Measurements of Low Frequency Vibration in Subsea Piping Using ROV Video Analysis

Abstract

Vibrations in Subsea Production Systems are well recognized as a concern in the subsea industry. To identify the severity of the vibrations and potential accumulated fatigue damage, subsea vibrations need to be measured with great accuracy. Currently, accurate detection and subsea measurements are often performed by utilizing accelerometers, which have to be connected to the structure by ROV or a diver. ROV video analysis provides an alternative solution. Video analyses are widely utilized across different applications. With the increased quality of a HD camera on ROV, the accessibility of such measurements is an attractive substitute to other techniques. As a part of on-shore mechanical testing on a full assembled XT in St John’s Canada, a flowloop on a water injection XT was subjected to free vibrations. The vibrations were filmed using a commercial HD camera placed on a tripod. This test was done to validate data generated using video processing in which pipe vibration of an operating subsea XT was filmed using an ROV camera. A study that aimed to quantify the video processing accuracy, limitations and provide general guidance was conducted. For the onshore test filmed with a tripod the results of video analyses were compared with the measurements obtained by means of accelerometers.

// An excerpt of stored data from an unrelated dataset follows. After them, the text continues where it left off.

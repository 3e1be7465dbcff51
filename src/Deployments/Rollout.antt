-- ===== src/Deployments/Rollout.antt =====
-- deployments/service/rollout.py: every edge through the phases, one at a time, stopping at the
-- first failure. The runner of Ansible, the serving probe, the addresses and the publication are
-- parameters: what they answer may depend on all calls made before. During a call other processes
-- may write to the database.
mod Histories
mod Touching
pub mod Stopping
pub mod DryRun
pub mod Commit
pub mod Order
use blitze_cdn_cp.Prelude.{
  ℕ, String, List, [], ◌∷◌, Bool, true, false, not, ◌&&◌, ◌||◌, Option, none, some, leb, ◌==◌,
  string_eq, if◌then◌else◌,
}
use blitze_cdn_cp.Sql.{select_where}
use blitze_cdn_cp.Deployments.Targets.{
  TargetPhase, TargetStatus, Detail, SiteResult, DeploymentTarget, Fleet, PlanError, index,
  claim_generation, plan, targets, begin, record_phase, finish, skip_remaining,
}

-- The tags of a tool run: none, or one of the four.
pub data Tags : Type 0 where
  whole stage activate commit rollback : Tags

-- What the rollout does outside the database, newest first in a history.
pub data Call : Type 0 where
  published : Call
  tool : (check : Bool) → (edge : String) → Tags → Call
  observed : String → Call

pub data RunStatus : Type 0 where
  succeeded failed timed_out unstarted : RunStatus

-- The part of an `AnsibleRun` that the rollout reads: its status and its `summary()`.
pub record AnsibleRun : Type 0 where
  pub status : RunStatus
  pub summary : String

run_succeeded : RunStatus → Bool
run_succeeded RunStatus.succeeded = true
run_succeeded _ = false

-- An exception with its text: the ExecutionError, or another with the name of its type.
pub data Failure : Type 0 where
  execution : Detail → Failure
  other : String → Detail → Failure

pub data Reply : Type 0 where
  ran : AnsibleRun → Reply
  raises : Failure → Reply

pub data Observation : Type 0 where
  answered : List SiteResult → Observation
  raises : Failure → Observation

pub record Outside : Type 0 where
  pub run : List Call → Bool → String → Tags → Reply
  pub verify : List Call → String → String → Observation
  pub public_address : List Call → String → Option String
  pub publish : List Call → Option Failure
  pub meanwhile : List Call → Fleet → Fleet
  pub clock : List Call → ℕ

pub record World : Type 0 where
  pub db : Fleet
  pub calls : List Call

-- str(exc), and f"{type(exc).__name__}: {exc}"
unfoldable pub text_of : Failure → Detail
text_of (execution text) = text
text_of (other type text) = text

unfoldable pub typed_text_of : Failure → Detail
typed_text_of (execution text) = Detail.raised "ExecutionError" text
typed_text_of (other type text) = Detail.raised type text

-- What a phase does: nothing, a run, or an exception.
pub data Produced : Type 0 where
  nothing : Produced
  ran : AnsibleRun → Produced
  raised : Failure → Produced

unfoldable pub produced_by : Reply → Produced
produced_by (Reply.ran r) = Produced.ran r
produced_by (Reply.raises f) = raised f

unfoldable pub unserved : List SiteResult → List SiteResult
unserved = select_where (λ result. not result.served)

unserved_failure : String → List SiteResult → List SiteResult → Option Failure
unserved_failure edge results [] = none
unserved_failure edge results (r ∷ rs) =
    some (other "RuntimeError" (Detail.not_serving edge results))

unfoldable pub judge : String → Observation → Option Failure
unfolding unserved_failure
judge edge (answered results) = unserved_failure edge results (unserved results)
judge edge (Observation.raises f) = some f

-- `_already_done`
unfoldable pub already_done : Option TargetPhase → TargetPhase → Bool
unfolding index
already_done none phase = false
already_done (some reached) phase = leb (index phase) (index reached)

unfoldable pub uncommitted : TargetPhase → Bool
uncommitted TargetPhase.activate = true
uncommitted TargetPhase.verify = true
uncommitted _ = false

unfoldable pub withdrawn : Detail → Reply → Detail
unfolding text_of run_succeeded
withdrawn detail (Reply.ran r) =
    if run_succeeded r.status
    then Detail.restored detail
    else Detail.rollback_failed detail (Detail.said r.summary)
withdrawn detail (Reply.raises f) = Detail.rollback_failed detail (text_of f)

-- `produced.summary() or …`
unfoldable pub failure_text : AnsibleRun → Detail
failure_text r =
    if r.summary == "" then Detail.said "the run reported a failure" else Detail.said r.summary

-- How the walk of one edge ends, with the last run that it saw.
pub data EdgeEnd : Type 0 where
  converged : Option AnsibleRun → EdgeEnd
  stopped : Detail → Option AnsibleRun → EdgeEnd
  escapes : Failure → EdgeEnd

unfoldable pub phases : Bool → List TargetPhase
phases true = TargetPhase.prepare ∷ TargetPhase.validate ∷ []
phases false =
    TargetPhase.prepare ∷ TargetPhase.validate ∷ TargetPhase.stage ∷ TargetPhase.activate
    ∷ TargetPhase.verify ∷ []

pub record RolloutOutcome : Type 0 where
  pub targets : List DeploymentTarget
  pub run : Option AnsibleRun
  pub error : Option Detail

unfoldable pub is_succeeded : TargetStatus → Bool
is_succeeded TargetStatus.succeeded = true
is_succeeded _ = false

all_succeeded : List DeploymentTarget → Bool
unfolding is_succeeded
all_succeeded [] = true
all_succeeded (t ∷ ts) = is_succeeded t.status && all_succeeded ts

outcome_clean : Option Detail → Bool
outcome_clean none = true
outcome_clean (some d) = false

-- RolloutOutcome.succeeded
unfoldable pub succeeds : RolloutOutcome → Bool
unfolding all_succeeded outcome_clean
succeeds o = outcome_clean o.error && all_succeeded o.targets

pub data Rolled : Type 0 where
  rolled : RolloutOutcome → Rolled
  escaped : Failure → Rolled
  unplanned : PlanError → Rolled

module _ (out : Outside) where
  unfoldable pub contact : Call → World → World
  contact call w = record { db = out.meanwhile w.calls w.db; calls = call ∷ w.calls }

  unfoldable pub run_tool : Bool → String → Tags → World → Reply × World
  unfolding contact
  run_tool check edge tags w = (out.run w.calls check edge tags, contact (tool check edge tags) w)

  verify_at : String → Option String → World → Option Failure × World
  unfolding contact judge
  verify_at edge none w = (some (other "RuntimeError" (Detail.no_address edge)), w)
  verify_at edge (some address) w =
      (judge edge (out.verify w.calls edge address), contact (observed edge) w)

  -- `_verify`, with what it raises.
  unfoldable pub verify_edge : String → World → Option Failure × World
  unfolding verify_at
  verify_edge edge w = verify_at edge (out.public_address w.calls edge) w

  produced_tool : Bool → String → Tags → World → Produced × World
  unfolding run_tool produced_by
  produced_tool check edge tags w =
      let (reply, w') = run_tool check edge tags w in (produced_by reply, w')

  commit_after : String → Option Failure → World → Produced × World
  unfolding produced_tool
  commit_after edge none w = produced_tool false edge commit w
  commit_after edge (some f) w = (raised f, w)

  -- `_run_phase`
  unfoldable pub run_phase : TargetPhase → String → Bool → World → Produced × World
  unfolding commit_after produced_tool verify_edge
  run_phase TargetPhase.prepare edge check w = (nothing, w)
  run_phase TargetPhase.validate edge check w = produced_tool true edge whole w
  run_phase TargetPhase.stage edge check w = produced_tool false edge Tags.stage w
  run_phase TargetPhase.activate edge check w = produced_tool check edge Tags.activate w
  run_phase TargetPhase.verify edge check w =
      let (failure, w') = verify_edge edge w in commit_after edge failure w'

  -- `_withdraw`
  unfoldable pub withdraw : TargetPhase → String → Detail → Bool → World → Detail × World
  unfolding uncommitted run_tool withdrawn
  withdraw phase edge detail check w =
      if check || not (uncommitted phase)
      then (detail, w)
      else (let (reply, w') = run_tool false edge rollback w in (withdrawn detail reply, w'))

  module _ (id : String) (fence : ℕ) where
    -- `_fail`
    unfoldable pub fail : String → TargetPhase → Detail → World → Detail × World
    fail edge phase detail w =
        let message = Detail.phase_failed phase detail in
        (
          message,
          record w {
            db =
                (finish id edge fence TargetStatus.failed (out.clock w.calls) (some message)
                  w.db).1;
          },
        )

    -- The failure of a phase: the withdrawal, then the row.
    unfoldable pub close : String → TargetPhase → Detail → Bool → World → Detail × World
    unfolding withdraw fail
    close edge phase detail check w =
        let (detail', w') = withdraw phase edge detail check w in fail edge phase detail' w'

    stop : String → TargetPhase → Detail → Bool → Option AnsibleRun → World → EdgeEnd × World
    unfolding close
    stop edge phase detail check last w =
        let (message, w') = close edge phase detail check w in (stopped message last, w')

    record_then :
        String
        → TargetPhase
        → (World → EdgeEnd × World)
        → Option AnsibleRun
        → World
        → EdgeEnd × World
    record_then edge phase go last w =
        let (recorded, db') = record_phase id edge phase fence w.db in
        let w' = record w { db = db' } in
        if recorded then go w' else (stopped Detail.taken_over last, w')

    -- What follows a phase: the next ones, or the end.
    after_phase :
        String
        → TargetPhase
        → Bool
        → (Option AnsibleRun → World → EdgeEnd × World)
        → Option AnsibleRun
        → Produced
        → World
        → EdgeEnd × World
    unfolding record_then stop run_succeeded failure_text text_of typed_text_of
    after_phase edge phase check go last nothing w = record_then edge phase (go last) last w
    after_phase edge phase check go last (Produced.ran r) w =
        if run_succeeded r.status
        then record_then edge phase (go (some r)) (some r) w
        else stop edge phase (failure_text r) check (some r) w
    after_phase edge phase check go last (raised (execution text)) w =
        let (message, w') = close edge phase text check w in (escapes (execution text), w')
    after_phase edge phase check go last (raised (other type text)) w =
        stop edge phase (Detail.raised type text) check last w

    -- The loop of `_converge_edge`, and its end.
    unfoldable pub walk :
        String
        → Bool
        → Option TargetPhase
        → List TargetPhase
        → Option AnsibleRun
        → World
        → EdgeEnd × World
    unfolding after_phase run_phase
    walk edge check reached [] last w = (
      converged last,
      record w {
        db = (finish id edge fence TargetStatus.succeeded (out.clock w.calls) none w.db).1;
      },
    )
    walk edge check reached (phase ∷ rest) last w = elim (already_done reached phase) [
      | true ↦ walk edge check reached rest last w
      | false ↦
          let (produced, w') = run_phase phase edge check w in
          after_phase edge phase check (walk edge check reached rest) last produced w'
    ]

    -- `_converge_edge`
    unfoldable pub converge_edge : DeploymentTarget → Bool → World → EdgeEnd × World
    unfolding walk phases
    converge_edge target check w =
        let (begun, db') = begin id target.edge fence (out.clock w.calls) w.db in
        let w' = record w { db = db' } in
        if begun
        then walk target.edge check target.phase (phases check) none w'
        else (stopped Detail.taken_over none, w')

    -- The end of a rollout that stopped at an edge.
    stop_rollout : String → Detail → Option AnsibleRun → World → Rolled × World
    stop_rollout edge detail last w =
        let db' =
          (skip_remaining id fence (out.clock w.calls) (Detail.not_attempted edge detail) w.db).1 in
        (
          rolled (record {
            targets = targets id db';
            run = last;
            error = some (Detail.at_edge edge detail);
          }),
          record w { db = db' },
        )

    after_recovery :
        String
        → (World → Rolled × World)
        → Option AnsibleRun
        → Option Failure
        → World
        → Rolled × World
    unfolding fail stop_rollout text_of
    after_recovery edge go last none w = go w
    after_recovery edge go last (some f) w =
        let (message, w') = fail edge TargetPhase.verify (Detail.recovery_failed (text_of f)) w in
        stop_rollout edge message last w'

    after_edge :
        String → (Option AnsibleRun → World → Rolled × World) → EdgeEnd → World → Rolled × World
    unfolding stop_rollout
    after_edge edge go (converged last) w = go last w
    after_edge edge go (stopped detail last) w = stop_rollout edge detail last w
    after_edge edge go (escapes f) w = (escaped f, w)

    -- An edge that has its configuration already: asked again whether it serves, in no dry run.
    recheck : Bool → String → (World → Rolled × World) → Option AnsibleRun → World → Rolled × World
    unfolding after_recovery verify_edge
    recheck true edge go last w = go w
    recheck false edge go last w =
        let (failure, w') = verify_edge edge w in after_recovery edge go last failure w'

    -- The loop of `converge` over the targets that it read.
    unfoldable pub roll : Bool → List DeploymentTarget → Option AnsibleRun → World → Rolled × World
    unfolding recheck after_edge converge_edge is_succeeded
    roll check [] last w =
        (rolled (record { targets = targets id w.db; run = last; error = none }), w)
    roll check (t ∷ ts) last w = elim (is_succeeded t.status) [
      | true ↦ recheck check t.edge (roll check ts last) last w
      | false ↦
          let (ending, w') = converge_edge t check w in after_edge t.edge (roll check ts) ending w'
    ]

  publish_then : (World → Rolled × World) → Option Failure → World → Rolled × World
  publish_then go none w = go w
  publish_then go (some f) w = (escaped f, w)

  plan_then : String → ℕ → Bool → Option PlanError → World → Rolled × World
  unfolding publish_then contact roll
  plan_then id fence check (some e) w = (unplanned e, w)
  plan_then id fence check none w =
      publish_then (λ w'. roll id fence check (targets id w'.db) none w') (out.publish w.calls)
        (contact published w)

  claim_then : String → List String → Bool → Option ℕ → World → Rolled × World
  unfolding plan_then
  claim_then id edges check none w = (unplanned PlanError.not_found, w)
  claim_then id edges check (some fence) w =
      let (error, db') = plan id edges fence w.db in
      plan_then id fence check error (record w { db = db' })

  unfoldable pub converge : String → List String → Bool → World → Rolled × World
  unfolding claim_then
  converge id edges check w =
      let (claimed, db') = claim_generation id w.db in
      claim_then id edges check claimed (record w { db = db' })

For the video of an operating subsea XT filmed by an ROV, the obtained vibration frequency and direction was compared with the free mechanical vibration obtained by a FEM model. The results obtained by means of the video analysis matched well with the accelerometer data. A high accuracy was reached, as vibration displacements as low as 20% of the pixel were accurately determined in the video analysis. With respect to detection frequencies, the upper cut-off frequency was around 15 Hz determined by the video framerate. The video analysis utilizing ROV videos was found to be applicable for low frequency vibration measurements, opening the opportunity for easier and more cost effective vibration detection and monitoring. The method is also reliable for subsea application in which the camera is placed on an ROV and is thus not affected by ROV movements, subsea lighting condition and moving ocean debris.